# Should the mudsill be set back the distance of the sheathing on a slab foundation?



## moorehead (Nov 11, 2015)

Just a note, I wrote distance in the title but meant thickness.

I live in Oklahoma and plan to build a small livable structure next year. I'm in the planning and researching stages. I'm currently looking for the codes regarding my question, but I'd also like to hear what is common plus the pros and cons.

I ask that you please don't be rude. I am in the very early stages of researching and learning these things. Please don't comment, "None of this matters. Go look at the codes!" I'm simply asking what is common and what are the pros and cons. I do appreciate everyone reading very much. And look forward to all replies.

When it comes to a slab foundation, what are the pros and cons of setting the sill plate back the thickness of the sheathing in order to allow the face of the sheathing to be flush with the foundation face? Then when you attach the siding you can set it a bit below the sheathing to overlap the foundation face and the siding creates a drip edge?

What are the pros and cons of setting the sill plate flush with the face of the slab and then having the sheathing overhang the slab face?

Which of the two are more common?

Just using my common sense I'd say that setting the sill plate back and not letting the sheathing overhang would be the better option.
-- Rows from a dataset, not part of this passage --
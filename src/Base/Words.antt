-- ===== src/Base/Words.antt =====
-- C's `int` and `size_t` as bit patterns: a signed value is read from its pattern.
use libpulp.Base.{ℕ, ◌+◌, ◌-◌, ◌%◌, ◌^◌, Bool, ltb, if◌then◌else◌, ◌&&◌}

abbrev pub int_mod : ℕ
int_mod = 2 ^ 32

abbrev pub size_mod : ℕ
size_mod = 2 ^ 64

-- int addition on patterns
abbrev pub add_int : ℕ → ℕ → ℕ
add_int a b = (a + b) % int_mod

-- size_t addition
abbrev pub add_size : ℕ → ℕ → ℕ
add_size a b = (a + b) % size_mod

-- (size_t) x for an int x
abbrev pub int_to_size : ℕ → ℕ
int_to_size x = if ltb x (2 ^ 31) then x else x + 2 ^ 64 - 2 ^ 32

-- x > 0 for an int x
abbrev pub is_positive : ℕ → Bool
is_positive x = ltb 0 x && ltb x (2 ^ 31)

-- An `int size : 24` field read as an int.
abbrev pub int_of_24 : ℕ → ℕ
int_of_24 x = if ltb x (2 ^ 23) then x else x + 2 ^ 32 - 2 ^ 24
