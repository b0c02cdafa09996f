-- ===== src/Errors/Codes.antt =====
-- The error codes of include/error_common.h that the models return.
use libpulp.Base.{ℕ}

abbrev pub enone : ℕ
enone = 0

abbrev pub eunknown : ℕ
eunknown = 256

abbrev pub ebuildid : ℕ
ebuildid = 257

abbrev pub ethrdattach : ℕ
ethrdattach = 264

abbrev pub ethrddettach : ℕ
ethrddettach = 265

abbrev pub einvalidulp : ℕ
einvalidulp = 266

abbrev pub enooldfunc : ℕ
enooldfunc = 267

abbrev pub enonewfunc : ℕ
enonewfunc = 268

abbrev pub enometa : ℕ
enometa = 269

abbrev pub estate : ℕ
estate = 270

abbrev pub enotapplied : ℕ
enotapplied = 272

abbrev pub edepend : ℕ
edepend = 273

abbrev pub enoaddress : ℕ
enoaddress = 274

abbrev pub eapplied : ℕ
eapplied = 275

abbrev pub enotargetlib : ℕ
enotargetlib = 276

abbrev pub enopatchable : ℕ
enopatchable = 278

abbrev pub ewildnomatch : ℕ
ewildnomatch = 279

abbrev pub eusrblocked : ℕ
eusrblocked = 280

abbrev pub eoldlibpulp : ℕ
eoldlibpulp = 281

abbrev pub enopatch : ℕ
enopatch = 284

abbrev pub einsnq : ℕ
einsnq = 285

abbrev pub eoldulp : ℕ
eoldulp = 286

abbrev pub edlopen : ℕ
edlopen = 287

abbrev pub enolibdl : ℕ
enolibdl = 288

abbrev pub enolibc : ℕ
enolibc = 289

-- errno values
abbrev pub eagain : ℕ
eagain = 11

abbrev pub esrch : ℕ
esrch = 3

abbrev pub enomem : ℕ
enomem = 12

abbrev pub eoverflow : ℕ
eoverflow = 75

abbrev pub etargethook : ℕ
etargethook = 258

abbrev pub ehooknotrun : ℕ
ehooknotrun = 277

abbrev pub etime : ℕ
etime = 62

abbrev pub einval : ℕ
einval = 22

abbrev pub enoent : ℕ
enoent = 2
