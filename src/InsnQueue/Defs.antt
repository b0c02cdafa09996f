-- ===== src/InsnQueue/Defs.antt =====
-- The data of include/insn_queue.h.
use libpulp.Base.{ℕ, ◌*◌, Bool, leb}
use libpulp.Base.Memory.{Memory}

-- INSN_BUFFER_MAX
abbrev pub insn_buffer_max : ℕ
insn_buffer_max = 2 * 1024 * 1024

-- INSNQ_CURR_VERSION
abbrev pub insnq_curr_version : ℕ
insnq_curr_version = 1

-- struct insn_queue. `num_insns` and `size` are ints, held as their bit patterns; the buffer is
-- a memory of which the addresses below `insn_buffer_max` exist.
pub record Queue : Type 0 where
  pub version : ℕ
  pub num_insns : ℕ
  pub size : ℕ
  pub buffer : Memory

-- enum ulp_insn_type
abbrev pub ulp_insn_nop : ℕ
ulp_insn_nop = 0

abbrev pub ulp_insn_print : ℕ
ulp_insn_print = 1

abbrev pub ulp_insn_write : ℕ
ulp_insn_write = 2

-- sizeof(struct ulp_insn): a type byte and a 24-bit size
abbrev pub insn_len : ℕ
insn_len = 4

-- sizeof(struct ulp_insn_write): the base, `n` at offset 4, `address` at offset 8
abbrev pub write_len : ℕ
write_len = 16

-- ulp_insn_valid
abbrev pub insn_valid : ℕ → Bool
insn_valid type = leb type ulp_insn_write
Because when you apply the siding you are basically hiding the wood completely. Especially with the membrane in there. Plus everything lines up.

Thank you again for reading.

Edited for spelling


----------



## Ron6519 (Mar 28, 2007)

How far off the ground will the plywood sheathing be? Setting the plywood in a pocket might cause water intrusion to rot the wood.


----------



## moorehead (Nov 11, 2015)

Ron6519 said:


> How far off the ground will the plywood sheathing be? Setting the plywood in a pocket might cause water intrusion to rot the wood.


I'm having a hell of a time finding the codes specific to my area regarding what the minimum height is above grade. I'm pretty sure it's between 6-8 inches. Thanks for bringing this up. I think what'll I'll do is plan from the bottom up and you gave a good idea of things I need to look for.

So let's say 8 inches above grade. I'm guessing by pocket you're refering to the first option with the pocket being the space in front of the sill plate.


----------



## ront02769 (Nov 28, 2008)

Not a professional...but even in a house with foundation and baSement, I am setting tine outer end of the PT mud sill maybe a quarter inch overhanging the foundation OR the foundation insulation. (Where I am, you need two inches of foam insulation on the outside of the foundation so I will run it over two and a quarter inches.) Then everything that drips down drips down outside stuff. Is it right? Don't care. Works. Ront


----------



## joecaption (Nov 30, 2011)

Bottom plate needs to be even with the outside of the slab.
Sheathing needs to run past the slab, not sit on top of it.
1/4" would not be enough, more like a minimum of 1/2".


----------



## moorehead (Nov 11, 2015)

joecaption said:


> Bottom plate needs to be even with the outside of the slab.
> Sheathing needs to run past the slab, not sit on top of it.
> 1/4" would not be enough, more like a minimum of 1/2".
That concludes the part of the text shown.